__ASSIGNED TASK__
Reproduce the listing verbatim.

__RECORDS FOR PROCESSING__
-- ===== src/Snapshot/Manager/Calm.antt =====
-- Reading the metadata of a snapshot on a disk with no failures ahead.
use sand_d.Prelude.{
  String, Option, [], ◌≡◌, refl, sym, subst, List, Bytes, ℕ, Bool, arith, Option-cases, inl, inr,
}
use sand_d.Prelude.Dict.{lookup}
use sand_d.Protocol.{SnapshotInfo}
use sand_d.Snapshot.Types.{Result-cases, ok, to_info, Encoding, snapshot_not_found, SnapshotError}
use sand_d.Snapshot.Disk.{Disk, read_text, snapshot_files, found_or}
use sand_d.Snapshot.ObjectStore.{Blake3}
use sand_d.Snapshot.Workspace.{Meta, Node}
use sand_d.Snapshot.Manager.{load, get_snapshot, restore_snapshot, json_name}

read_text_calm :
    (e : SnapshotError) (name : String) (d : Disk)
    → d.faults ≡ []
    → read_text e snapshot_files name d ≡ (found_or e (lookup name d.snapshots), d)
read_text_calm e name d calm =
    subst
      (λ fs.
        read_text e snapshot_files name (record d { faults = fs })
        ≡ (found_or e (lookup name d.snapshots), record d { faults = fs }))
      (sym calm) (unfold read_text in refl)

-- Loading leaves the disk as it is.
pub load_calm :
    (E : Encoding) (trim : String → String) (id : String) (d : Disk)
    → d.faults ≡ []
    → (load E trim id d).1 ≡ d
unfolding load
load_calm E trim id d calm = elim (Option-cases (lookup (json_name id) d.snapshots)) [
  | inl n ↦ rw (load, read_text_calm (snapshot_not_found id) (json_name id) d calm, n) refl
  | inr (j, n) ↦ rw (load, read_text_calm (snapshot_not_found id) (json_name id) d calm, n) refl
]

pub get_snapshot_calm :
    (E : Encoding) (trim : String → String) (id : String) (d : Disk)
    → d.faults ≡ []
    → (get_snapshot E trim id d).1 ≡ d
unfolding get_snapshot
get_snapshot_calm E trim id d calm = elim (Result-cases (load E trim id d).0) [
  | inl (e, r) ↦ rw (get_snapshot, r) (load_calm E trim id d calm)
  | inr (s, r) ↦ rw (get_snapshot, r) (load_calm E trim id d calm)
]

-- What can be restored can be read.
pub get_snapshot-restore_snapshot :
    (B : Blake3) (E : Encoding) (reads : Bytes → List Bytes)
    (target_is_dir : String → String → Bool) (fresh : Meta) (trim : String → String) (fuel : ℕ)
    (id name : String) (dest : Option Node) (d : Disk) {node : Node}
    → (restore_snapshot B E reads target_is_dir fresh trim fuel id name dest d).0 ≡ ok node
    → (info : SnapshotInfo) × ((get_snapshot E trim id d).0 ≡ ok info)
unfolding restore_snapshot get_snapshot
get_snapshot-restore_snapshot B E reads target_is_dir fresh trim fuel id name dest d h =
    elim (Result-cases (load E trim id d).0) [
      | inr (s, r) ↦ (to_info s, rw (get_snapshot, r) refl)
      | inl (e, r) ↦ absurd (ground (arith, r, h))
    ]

__RESULT BELOW__
-- ===== src/Snapshot/Manager/Calm.antt =====
-- Reading the metadata of a snapshot on a disk with no failures ahead.
use sand_d.Prelude.{
  String, Option, [], ◌≡◌, refl, sym, subst, List, Bytes, ℕ, Bool, arith, Option-cases, inl, inr,
}
use sand_d.Prelude.Dict.{lookup}
use sand_d.Protocol.{SnapshotInfo}
use sand_d.Snapshot.Types.{Result-cases, ok, to_info, Encoding, snapshot_not_found, SnapshotError}
use sand_d.Snapshot.Disk.{Disk, read_text, snapshot_files, found_or}
use sand_d.Snapshot.ObjectStore.{Blake3}
use sand_d.Snapshot.Workspace.{Meta, Node}
use sand_d.Snapshot.Manager.{load, get_snapshot, restore_snapshot, json_name}

read_text_calm :
    (e : SnapshotError) (name : String) (d : Disk)
    → d.faults ≡ []
    → read_text e snapshot_files name d ≡ (found_or e (lookup name d.snapshots), d)
read_text_calm e name d calm =
    subst
      (λ fs.
        read_text e snapshot_files name (record d { faults = fs })
        ≡ (found_or e (lookup name d.snapshots), record d { faults = fs }))
      (sym calm) (unfold read_text in refl)

-- Loading leaves the disk as it is.
pub load_calm :
    (E : Encoding) (trim : String → String) (id : String) (d : Disk)
    → d.faults ≡ []
    → (load E trim id d).1 ≡ d
unfolding load
load_calm E trim id d calm = elim (Option-cases (lookup (json_name id) d.snapshots)) [
  | inl n ↦ rw (load, read_text_calm (snapshot_not_found id) (json_name id) d calm, n) refl
  | inr (j, n) ↦ rw (load, read_text_calm (snapshot_not_found id) (json_name id) d calm, n) refl
]

pub get_snapshot_calm :
    (E : Encoding) (trim : String → String) (id : String) (d : Disk)
    → d.faults ≡ []
    → (get_snapshot E trim id d).1 ≡ d
unfolding get_snapshot
get_snapshot_calm E trim id d calm = elim (Result-cases (load E trim id d).0) [
  | inl (e, r) ↦ rw (get_snapshot, r) (load_calm E trim id d calm)
  | inr (s, r) ↦ rw (get_snapshot, r) (load_calm E trim id d calm)
]

-- What can be restored can be read.
pub get_snapshot-restore_snapshot :
    (B : Blake3) (E : Encoding) (reads : Bytes → List Bytes)
    (target_is_dir : String → String → Bool) (fresh : Meta) (trim : String → String) (fuel : ℕ)
    (id name : String) (dest : Option Node) (d : Disk) {node : Node}
    → (restore_snapshot B E reads target_is_dir fresh trim fuel id name dest d).0 ≡ ok node
    → (info : SnapshotInfo) × ((get_snapshot E trim id d).0 ≡ ok info)
unfolding restore_snapshot get_snapshot
get_snapshot-restore_snapshot B E reads target_is_dir fresh trim fuel id name dest d h =
    elim (Result-cases (load E trim id d).0) [
      | inr (s, r) ↦ (to_info s, rw (get_snapshot, r) refl)
      | inl (e, r) ↦ absurd (ground (arith, r, h))
    ]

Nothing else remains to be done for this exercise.